■ GOAL OF THE EXERCISE ■
From the first line of the records down to the one that holds "(past ≡ r.1)", transcribe each line exactly and add nothing.

----

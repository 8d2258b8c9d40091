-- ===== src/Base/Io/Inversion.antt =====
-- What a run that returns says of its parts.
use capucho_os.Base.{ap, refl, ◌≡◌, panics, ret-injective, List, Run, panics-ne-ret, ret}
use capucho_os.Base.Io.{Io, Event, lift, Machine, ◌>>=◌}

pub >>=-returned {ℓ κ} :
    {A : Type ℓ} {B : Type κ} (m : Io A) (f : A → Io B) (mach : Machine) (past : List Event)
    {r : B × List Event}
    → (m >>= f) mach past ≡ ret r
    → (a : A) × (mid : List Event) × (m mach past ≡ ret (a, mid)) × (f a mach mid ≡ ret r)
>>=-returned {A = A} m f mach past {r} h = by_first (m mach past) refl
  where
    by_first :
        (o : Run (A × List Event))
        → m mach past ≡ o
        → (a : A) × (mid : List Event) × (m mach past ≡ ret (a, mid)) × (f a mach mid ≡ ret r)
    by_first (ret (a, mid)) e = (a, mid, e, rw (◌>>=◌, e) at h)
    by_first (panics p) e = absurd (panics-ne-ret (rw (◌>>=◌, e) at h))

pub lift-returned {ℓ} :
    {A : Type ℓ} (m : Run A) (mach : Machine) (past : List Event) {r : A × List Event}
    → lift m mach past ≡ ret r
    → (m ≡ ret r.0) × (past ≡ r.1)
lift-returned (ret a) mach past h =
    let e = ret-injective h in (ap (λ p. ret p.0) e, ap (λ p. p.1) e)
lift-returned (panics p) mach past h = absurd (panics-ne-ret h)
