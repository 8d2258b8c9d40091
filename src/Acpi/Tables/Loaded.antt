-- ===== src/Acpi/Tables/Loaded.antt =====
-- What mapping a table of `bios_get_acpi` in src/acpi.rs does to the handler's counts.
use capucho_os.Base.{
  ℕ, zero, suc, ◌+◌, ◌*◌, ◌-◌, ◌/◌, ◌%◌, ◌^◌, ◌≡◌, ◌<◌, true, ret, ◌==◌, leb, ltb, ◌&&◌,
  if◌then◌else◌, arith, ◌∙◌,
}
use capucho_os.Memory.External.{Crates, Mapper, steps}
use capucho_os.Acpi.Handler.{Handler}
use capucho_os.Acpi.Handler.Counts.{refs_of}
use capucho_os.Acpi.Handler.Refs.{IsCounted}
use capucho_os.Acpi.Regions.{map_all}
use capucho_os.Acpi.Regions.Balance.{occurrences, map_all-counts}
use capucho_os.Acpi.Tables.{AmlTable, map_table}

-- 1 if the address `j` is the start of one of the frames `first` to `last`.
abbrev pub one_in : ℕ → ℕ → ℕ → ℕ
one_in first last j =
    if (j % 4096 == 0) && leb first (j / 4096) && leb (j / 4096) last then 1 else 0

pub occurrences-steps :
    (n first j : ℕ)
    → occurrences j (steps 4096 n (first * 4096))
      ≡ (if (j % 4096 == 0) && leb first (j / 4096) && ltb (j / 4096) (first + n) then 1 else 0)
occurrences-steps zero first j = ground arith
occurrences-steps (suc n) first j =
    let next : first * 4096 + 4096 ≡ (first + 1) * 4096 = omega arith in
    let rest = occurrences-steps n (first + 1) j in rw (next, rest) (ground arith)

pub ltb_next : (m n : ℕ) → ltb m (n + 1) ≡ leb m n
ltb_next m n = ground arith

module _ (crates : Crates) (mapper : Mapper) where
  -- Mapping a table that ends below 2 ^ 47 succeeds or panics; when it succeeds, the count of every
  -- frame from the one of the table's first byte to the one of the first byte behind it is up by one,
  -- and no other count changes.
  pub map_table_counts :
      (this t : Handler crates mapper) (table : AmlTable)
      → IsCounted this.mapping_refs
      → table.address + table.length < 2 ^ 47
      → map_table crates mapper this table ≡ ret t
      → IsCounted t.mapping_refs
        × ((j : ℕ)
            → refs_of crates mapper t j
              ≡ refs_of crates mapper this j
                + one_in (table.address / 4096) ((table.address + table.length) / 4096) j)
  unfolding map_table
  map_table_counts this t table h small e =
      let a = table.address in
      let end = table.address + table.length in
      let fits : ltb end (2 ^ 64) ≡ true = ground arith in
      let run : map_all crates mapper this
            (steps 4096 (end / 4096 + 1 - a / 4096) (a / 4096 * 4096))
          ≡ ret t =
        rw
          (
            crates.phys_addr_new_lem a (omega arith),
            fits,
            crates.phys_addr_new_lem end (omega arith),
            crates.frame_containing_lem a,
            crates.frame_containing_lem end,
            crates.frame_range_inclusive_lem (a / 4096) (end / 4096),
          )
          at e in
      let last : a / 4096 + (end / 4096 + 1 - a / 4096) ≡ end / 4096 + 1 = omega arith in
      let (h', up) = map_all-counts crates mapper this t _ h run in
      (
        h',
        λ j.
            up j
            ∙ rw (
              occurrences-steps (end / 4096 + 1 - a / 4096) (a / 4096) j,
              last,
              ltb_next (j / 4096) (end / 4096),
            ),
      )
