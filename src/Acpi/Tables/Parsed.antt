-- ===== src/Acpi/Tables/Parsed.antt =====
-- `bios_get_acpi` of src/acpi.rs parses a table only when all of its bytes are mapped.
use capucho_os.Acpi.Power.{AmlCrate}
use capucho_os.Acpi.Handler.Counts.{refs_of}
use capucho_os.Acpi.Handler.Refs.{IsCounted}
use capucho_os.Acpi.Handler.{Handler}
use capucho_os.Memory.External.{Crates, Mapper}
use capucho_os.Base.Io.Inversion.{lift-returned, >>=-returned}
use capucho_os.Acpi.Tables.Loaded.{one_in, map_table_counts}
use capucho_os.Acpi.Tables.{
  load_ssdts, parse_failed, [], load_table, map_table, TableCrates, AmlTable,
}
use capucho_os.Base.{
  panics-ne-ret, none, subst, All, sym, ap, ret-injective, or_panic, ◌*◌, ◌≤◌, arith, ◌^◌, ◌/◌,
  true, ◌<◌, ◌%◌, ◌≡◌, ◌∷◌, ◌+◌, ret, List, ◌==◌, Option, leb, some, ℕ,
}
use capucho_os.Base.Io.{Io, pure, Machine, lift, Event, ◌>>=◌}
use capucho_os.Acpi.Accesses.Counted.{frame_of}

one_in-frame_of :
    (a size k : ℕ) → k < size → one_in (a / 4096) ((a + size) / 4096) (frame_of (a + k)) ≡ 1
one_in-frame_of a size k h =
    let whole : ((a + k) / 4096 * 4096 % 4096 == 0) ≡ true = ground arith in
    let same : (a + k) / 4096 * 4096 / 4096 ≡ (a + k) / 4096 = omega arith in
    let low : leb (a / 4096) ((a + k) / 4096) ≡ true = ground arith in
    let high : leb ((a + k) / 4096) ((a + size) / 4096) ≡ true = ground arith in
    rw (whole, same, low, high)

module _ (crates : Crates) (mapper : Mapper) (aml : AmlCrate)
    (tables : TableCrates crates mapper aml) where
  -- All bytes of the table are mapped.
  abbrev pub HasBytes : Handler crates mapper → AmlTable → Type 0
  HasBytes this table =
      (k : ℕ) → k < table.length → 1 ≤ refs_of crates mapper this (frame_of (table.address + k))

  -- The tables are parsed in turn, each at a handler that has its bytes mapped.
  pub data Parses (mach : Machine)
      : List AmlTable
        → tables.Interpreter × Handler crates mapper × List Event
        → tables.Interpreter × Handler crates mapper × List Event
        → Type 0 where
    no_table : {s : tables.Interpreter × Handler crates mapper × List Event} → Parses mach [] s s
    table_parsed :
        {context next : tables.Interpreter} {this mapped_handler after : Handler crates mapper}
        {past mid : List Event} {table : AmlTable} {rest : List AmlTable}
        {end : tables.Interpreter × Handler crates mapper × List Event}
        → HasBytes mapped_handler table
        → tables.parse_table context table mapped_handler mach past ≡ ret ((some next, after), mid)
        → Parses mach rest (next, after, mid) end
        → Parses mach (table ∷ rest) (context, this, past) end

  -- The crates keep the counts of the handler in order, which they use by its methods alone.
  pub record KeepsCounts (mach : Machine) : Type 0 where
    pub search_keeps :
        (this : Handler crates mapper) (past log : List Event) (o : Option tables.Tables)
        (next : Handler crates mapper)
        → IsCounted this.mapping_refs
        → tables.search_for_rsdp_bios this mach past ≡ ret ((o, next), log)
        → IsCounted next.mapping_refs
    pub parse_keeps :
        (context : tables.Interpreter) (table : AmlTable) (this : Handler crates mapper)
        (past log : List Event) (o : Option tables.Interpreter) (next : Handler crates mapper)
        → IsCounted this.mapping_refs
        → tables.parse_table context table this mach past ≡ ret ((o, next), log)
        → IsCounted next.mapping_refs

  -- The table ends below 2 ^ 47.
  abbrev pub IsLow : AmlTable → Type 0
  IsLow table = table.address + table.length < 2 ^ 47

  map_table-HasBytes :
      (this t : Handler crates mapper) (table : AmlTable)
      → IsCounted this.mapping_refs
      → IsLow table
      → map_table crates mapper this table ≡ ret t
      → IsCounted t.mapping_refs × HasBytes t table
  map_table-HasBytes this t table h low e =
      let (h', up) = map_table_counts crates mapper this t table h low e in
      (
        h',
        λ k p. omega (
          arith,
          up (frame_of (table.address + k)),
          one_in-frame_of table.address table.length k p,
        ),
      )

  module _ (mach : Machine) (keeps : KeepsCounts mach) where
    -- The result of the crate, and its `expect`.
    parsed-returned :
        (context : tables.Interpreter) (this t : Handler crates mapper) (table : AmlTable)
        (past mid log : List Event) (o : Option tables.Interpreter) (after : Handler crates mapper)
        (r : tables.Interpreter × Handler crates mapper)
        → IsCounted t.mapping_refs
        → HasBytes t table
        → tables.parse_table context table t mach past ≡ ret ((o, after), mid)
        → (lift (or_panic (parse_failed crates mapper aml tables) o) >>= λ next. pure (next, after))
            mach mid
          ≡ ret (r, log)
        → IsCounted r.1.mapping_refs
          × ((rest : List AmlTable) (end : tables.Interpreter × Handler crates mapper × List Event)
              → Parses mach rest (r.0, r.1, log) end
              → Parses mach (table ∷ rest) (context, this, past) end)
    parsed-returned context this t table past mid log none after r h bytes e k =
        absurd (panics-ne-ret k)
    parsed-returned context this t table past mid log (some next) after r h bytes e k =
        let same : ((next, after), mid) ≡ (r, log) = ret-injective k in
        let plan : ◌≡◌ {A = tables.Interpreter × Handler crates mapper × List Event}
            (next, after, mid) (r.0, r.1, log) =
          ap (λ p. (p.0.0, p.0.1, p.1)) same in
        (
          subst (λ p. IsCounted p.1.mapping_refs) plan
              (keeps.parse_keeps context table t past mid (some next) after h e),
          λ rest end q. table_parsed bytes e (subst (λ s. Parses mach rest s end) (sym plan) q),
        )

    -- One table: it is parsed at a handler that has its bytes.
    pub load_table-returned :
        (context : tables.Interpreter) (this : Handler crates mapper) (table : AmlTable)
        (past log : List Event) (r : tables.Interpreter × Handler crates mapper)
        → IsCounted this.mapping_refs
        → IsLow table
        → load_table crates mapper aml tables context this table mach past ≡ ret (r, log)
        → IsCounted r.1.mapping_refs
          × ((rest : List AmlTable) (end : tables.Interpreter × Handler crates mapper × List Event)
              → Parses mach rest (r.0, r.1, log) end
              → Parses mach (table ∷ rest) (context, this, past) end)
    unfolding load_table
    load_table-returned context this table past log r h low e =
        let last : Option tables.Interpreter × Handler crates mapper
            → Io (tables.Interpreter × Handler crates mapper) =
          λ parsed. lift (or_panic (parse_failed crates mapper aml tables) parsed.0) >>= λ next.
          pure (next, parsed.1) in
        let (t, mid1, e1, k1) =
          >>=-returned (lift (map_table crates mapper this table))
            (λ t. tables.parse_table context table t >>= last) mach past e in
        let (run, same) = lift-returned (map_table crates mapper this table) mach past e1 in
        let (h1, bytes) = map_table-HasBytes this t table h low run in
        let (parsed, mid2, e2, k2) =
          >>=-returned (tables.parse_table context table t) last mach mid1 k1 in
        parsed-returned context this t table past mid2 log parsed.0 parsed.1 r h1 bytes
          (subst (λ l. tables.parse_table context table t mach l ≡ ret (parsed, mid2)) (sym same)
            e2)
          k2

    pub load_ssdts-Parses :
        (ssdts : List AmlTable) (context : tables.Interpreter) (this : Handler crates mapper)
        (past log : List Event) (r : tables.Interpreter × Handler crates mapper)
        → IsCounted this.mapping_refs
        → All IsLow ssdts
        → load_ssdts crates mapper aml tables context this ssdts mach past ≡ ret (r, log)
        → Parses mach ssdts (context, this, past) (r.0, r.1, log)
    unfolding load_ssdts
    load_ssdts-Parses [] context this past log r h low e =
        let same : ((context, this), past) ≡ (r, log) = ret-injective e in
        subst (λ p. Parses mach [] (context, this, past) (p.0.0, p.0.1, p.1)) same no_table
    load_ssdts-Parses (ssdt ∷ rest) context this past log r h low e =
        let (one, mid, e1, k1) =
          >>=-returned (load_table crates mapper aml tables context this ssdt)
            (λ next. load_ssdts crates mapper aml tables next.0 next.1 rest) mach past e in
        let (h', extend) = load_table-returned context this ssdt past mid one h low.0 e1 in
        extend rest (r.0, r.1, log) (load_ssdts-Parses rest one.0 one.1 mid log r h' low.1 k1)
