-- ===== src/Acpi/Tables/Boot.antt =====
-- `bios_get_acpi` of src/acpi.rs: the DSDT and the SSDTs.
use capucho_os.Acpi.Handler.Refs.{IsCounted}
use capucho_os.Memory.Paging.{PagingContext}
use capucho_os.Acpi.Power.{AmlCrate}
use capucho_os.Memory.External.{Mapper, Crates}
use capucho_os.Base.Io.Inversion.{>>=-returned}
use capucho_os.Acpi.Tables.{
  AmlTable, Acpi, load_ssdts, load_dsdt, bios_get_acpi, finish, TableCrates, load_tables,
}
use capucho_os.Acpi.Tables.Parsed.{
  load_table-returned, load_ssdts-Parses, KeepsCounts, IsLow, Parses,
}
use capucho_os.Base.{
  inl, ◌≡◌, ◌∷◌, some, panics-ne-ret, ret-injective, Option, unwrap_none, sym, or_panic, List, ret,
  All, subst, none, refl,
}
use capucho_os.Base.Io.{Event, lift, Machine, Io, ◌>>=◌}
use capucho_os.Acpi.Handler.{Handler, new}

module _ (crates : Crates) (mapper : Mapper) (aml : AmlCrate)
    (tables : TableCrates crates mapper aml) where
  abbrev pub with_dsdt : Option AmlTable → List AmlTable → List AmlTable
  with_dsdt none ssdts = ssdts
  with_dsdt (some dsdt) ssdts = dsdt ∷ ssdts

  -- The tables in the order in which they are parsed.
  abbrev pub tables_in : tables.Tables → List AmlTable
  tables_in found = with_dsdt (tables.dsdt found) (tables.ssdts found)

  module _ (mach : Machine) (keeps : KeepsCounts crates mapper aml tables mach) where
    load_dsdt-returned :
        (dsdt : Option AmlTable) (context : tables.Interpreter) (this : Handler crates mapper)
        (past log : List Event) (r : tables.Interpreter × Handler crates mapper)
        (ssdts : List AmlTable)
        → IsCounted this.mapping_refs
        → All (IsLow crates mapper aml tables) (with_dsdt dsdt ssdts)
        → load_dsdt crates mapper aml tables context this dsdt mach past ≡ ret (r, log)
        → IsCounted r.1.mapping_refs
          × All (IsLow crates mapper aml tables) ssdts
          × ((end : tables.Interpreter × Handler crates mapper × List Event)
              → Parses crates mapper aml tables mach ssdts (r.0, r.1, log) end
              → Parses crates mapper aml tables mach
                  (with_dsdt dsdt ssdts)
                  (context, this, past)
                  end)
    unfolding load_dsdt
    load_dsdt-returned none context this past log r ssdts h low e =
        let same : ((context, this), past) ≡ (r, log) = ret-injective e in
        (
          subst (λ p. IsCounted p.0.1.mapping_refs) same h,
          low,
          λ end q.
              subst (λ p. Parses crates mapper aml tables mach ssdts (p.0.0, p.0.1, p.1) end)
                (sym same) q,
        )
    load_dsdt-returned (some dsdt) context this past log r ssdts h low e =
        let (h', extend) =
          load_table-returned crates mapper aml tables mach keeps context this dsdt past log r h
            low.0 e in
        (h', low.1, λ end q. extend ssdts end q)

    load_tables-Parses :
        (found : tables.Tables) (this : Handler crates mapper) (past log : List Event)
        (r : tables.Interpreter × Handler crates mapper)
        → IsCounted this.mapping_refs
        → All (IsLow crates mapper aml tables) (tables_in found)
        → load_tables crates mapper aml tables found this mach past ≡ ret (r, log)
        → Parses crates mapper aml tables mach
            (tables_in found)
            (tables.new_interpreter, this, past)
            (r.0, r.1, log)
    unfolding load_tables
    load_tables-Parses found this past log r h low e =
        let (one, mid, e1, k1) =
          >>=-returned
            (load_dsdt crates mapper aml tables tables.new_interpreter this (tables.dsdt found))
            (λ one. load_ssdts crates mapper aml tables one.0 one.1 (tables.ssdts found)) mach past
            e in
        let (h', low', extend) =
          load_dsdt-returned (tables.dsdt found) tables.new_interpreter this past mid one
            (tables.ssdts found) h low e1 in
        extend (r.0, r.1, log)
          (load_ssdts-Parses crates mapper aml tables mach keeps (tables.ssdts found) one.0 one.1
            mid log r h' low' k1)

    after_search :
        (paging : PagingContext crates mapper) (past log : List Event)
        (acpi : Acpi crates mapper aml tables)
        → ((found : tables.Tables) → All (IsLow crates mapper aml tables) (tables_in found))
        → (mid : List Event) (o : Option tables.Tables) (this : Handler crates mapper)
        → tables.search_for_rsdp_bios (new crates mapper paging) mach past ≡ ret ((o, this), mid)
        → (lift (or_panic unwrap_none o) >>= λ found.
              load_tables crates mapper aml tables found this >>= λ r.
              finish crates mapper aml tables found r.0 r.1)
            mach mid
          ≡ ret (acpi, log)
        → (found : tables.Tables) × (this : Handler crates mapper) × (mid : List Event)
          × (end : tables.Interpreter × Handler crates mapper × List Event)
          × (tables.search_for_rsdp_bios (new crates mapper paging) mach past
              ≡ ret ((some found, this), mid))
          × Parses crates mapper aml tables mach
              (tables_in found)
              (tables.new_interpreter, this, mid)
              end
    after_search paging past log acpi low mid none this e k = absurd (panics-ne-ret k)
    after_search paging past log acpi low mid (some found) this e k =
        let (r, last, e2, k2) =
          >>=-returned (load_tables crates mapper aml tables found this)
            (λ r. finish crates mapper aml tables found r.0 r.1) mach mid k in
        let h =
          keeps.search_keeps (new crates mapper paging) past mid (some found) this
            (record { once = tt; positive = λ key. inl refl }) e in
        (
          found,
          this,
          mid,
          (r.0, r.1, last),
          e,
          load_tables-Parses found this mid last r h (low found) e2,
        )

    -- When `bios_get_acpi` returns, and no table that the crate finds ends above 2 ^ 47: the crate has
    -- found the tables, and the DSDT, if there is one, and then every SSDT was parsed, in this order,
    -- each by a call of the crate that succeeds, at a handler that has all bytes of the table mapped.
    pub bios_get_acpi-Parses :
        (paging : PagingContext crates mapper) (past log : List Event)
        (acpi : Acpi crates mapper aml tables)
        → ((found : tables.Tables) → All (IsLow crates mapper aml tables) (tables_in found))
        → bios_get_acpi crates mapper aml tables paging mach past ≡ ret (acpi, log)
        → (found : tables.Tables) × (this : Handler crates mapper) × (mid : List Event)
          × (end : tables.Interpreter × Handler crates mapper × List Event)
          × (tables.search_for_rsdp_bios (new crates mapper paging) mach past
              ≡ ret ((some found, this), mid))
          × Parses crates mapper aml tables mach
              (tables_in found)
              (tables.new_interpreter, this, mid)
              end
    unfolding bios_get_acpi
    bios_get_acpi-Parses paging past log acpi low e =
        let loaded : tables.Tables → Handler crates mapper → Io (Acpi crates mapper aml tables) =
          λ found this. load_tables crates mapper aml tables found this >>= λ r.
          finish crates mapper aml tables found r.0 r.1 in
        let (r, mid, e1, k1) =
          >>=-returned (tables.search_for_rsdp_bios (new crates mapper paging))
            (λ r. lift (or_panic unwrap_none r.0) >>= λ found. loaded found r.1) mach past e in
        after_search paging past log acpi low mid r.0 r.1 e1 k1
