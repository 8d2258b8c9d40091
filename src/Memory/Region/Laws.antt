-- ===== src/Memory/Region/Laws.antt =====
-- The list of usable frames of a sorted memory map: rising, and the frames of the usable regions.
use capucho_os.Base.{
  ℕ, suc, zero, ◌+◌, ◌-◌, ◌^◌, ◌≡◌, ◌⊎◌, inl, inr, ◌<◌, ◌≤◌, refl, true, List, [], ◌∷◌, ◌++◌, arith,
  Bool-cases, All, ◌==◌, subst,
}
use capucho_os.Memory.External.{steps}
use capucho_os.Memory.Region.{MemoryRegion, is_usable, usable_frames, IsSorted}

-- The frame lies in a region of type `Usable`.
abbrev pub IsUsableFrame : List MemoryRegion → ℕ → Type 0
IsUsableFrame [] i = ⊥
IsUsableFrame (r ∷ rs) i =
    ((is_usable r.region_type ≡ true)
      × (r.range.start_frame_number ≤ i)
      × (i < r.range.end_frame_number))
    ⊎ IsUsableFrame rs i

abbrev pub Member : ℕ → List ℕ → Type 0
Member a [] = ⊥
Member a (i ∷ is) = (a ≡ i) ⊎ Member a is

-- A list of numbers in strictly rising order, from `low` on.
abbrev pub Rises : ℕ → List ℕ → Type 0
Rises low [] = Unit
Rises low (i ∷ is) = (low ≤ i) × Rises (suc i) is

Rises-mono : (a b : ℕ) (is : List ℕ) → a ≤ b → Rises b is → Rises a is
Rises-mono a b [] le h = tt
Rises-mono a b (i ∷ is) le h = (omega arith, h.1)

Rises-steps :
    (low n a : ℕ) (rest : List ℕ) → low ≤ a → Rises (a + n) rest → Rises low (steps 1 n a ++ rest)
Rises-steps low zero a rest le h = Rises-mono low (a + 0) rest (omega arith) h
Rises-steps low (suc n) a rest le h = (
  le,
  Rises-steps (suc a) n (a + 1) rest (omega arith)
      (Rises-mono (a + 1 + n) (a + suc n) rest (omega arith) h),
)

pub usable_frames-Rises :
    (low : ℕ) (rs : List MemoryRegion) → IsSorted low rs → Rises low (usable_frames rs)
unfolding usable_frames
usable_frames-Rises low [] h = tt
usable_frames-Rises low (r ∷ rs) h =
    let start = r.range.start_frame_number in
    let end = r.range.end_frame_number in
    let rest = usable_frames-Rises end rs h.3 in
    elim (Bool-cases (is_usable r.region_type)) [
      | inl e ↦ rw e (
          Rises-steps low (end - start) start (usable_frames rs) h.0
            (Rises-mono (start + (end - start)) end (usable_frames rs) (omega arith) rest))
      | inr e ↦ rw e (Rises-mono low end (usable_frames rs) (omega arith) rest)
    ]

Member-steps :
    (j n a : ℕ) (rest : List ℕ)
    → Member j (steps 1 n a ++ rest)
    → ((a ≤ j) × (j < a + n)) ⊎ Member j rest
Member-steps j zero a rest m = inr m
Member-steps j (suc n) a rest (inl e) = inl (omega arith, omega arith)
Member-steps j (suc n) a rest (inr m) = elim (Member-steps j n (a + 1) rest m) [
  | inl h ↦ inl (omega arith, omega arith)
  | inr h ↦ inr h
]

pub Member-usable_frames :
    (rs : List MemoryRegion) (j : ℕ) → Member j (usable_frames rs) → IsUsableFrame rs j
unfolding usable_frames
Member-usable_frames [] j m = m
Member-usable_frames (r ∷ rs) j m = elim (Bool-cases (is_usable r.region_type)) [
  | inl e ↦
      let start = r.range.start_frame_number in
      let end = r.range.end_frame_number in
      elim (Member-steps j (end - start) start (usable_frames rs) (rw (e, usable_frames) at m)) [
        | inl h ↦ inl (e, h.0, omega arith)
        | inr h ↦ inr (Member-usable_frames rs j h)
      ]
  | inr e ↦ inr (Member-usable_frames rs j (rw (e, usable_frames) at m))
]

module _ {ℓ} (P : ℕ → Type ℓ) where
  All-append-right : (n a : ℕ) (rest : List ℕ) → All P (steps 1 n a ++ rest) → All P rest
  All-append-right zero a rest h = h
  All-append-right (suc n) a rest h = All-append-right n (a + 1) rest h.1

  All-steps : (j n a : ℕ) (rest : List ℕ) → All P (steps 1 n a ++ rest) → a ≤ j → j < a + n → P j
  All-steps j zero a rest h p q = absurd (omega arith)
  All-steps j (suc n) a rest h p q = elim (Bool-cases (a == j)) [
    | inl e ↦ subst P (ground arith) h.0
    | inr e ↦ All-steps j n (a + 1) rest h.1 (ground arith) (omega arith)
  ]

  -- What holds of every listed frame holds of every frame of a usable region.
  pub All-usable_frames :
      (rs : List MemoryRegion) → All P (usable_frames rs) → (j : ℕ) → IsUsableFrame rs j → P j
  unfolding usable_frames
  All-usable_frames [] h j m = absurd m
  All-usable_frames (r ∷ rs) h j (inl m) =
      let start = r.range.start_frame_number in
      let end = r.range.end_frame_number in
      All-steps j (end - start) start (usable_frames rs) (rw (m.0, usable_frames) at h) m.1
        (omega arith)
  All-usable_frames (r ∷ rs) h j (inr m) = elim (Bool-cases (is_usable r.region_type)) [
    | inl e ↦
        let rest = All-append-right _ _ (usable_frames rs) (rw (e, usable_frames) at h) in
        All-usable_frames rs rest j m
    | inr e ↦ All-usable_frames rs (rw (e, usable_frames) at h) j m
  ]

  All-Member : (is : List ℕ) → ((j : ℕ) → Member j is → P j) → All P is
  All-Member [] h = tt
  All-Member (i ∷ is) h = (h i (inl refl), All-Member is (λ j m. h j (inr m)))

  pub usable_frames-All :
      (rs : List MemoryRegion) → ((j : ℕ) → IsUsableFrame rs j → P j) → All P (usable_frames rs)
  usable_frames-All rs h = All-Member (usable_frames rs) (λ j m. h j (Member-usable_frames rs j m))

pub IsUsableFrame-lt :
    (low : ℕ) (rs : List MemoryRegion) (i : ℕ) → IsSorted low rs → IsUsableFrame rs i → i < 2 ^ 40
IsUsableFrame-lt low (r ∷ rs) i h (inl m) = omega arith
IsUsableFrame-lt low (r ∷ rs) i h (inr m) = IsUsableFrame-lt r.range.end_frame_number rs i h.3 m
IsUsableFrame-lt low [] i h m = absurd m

----

■ RESULT OF THE EXERCISE ■
repository 8d2258b8c9d40091
-- ===== src/Base/Io/Inversion.antt =====
-- What a run that returns says of its parts.
use capucho_os.Base.{ap, refl, ◌≡◌, panics, ret-injective, List, Run, panics-ne-ret, ret}
use capucho_os.Base.Io.{Io, Event, lift, Machine, ◌>>=◌}

pub >>=-returned {ℓ κ} :
    {A : Type ℓ} {B : Type κ} (m : Io A) (f : A → Io B) (mach : Machine) (past : List Event)
    {r : B × List Event}
    → (m >>= f) mach past ≡ ret r
    → (a : A) × (mid : List Event) × (m mach past ≡ ret (a, mid)) × (f a mach mid ≡ ret r)
>>=-returned {A = A} m f mach past {r} h = by_first (m mach past) refl
  where
    by_first :
        (o : Run (A × List Event))
        → m mach past ≡ o
        → (a : A) × (mid : List Event) × (m mach past ≡ ret (a, mid)) × (f a mach mid ≡ ret r)
    by_first (ret (a, mid)) e = (a, mid, e, rw (◌>>=◌, e) at h)
    by_first (panics p) e = absurd (panics-ne-ret (rw (◌>>=◌, e) at h))

pub lift-returned {ℓ} :
    {A : Type ℓ} (m : Run A) (mach : Machine) (past : List Event) {r : A × List Event}
    → lift m mach past ≡ ret r
    → (m ≡ ret r.0) × (past ≡ r.1)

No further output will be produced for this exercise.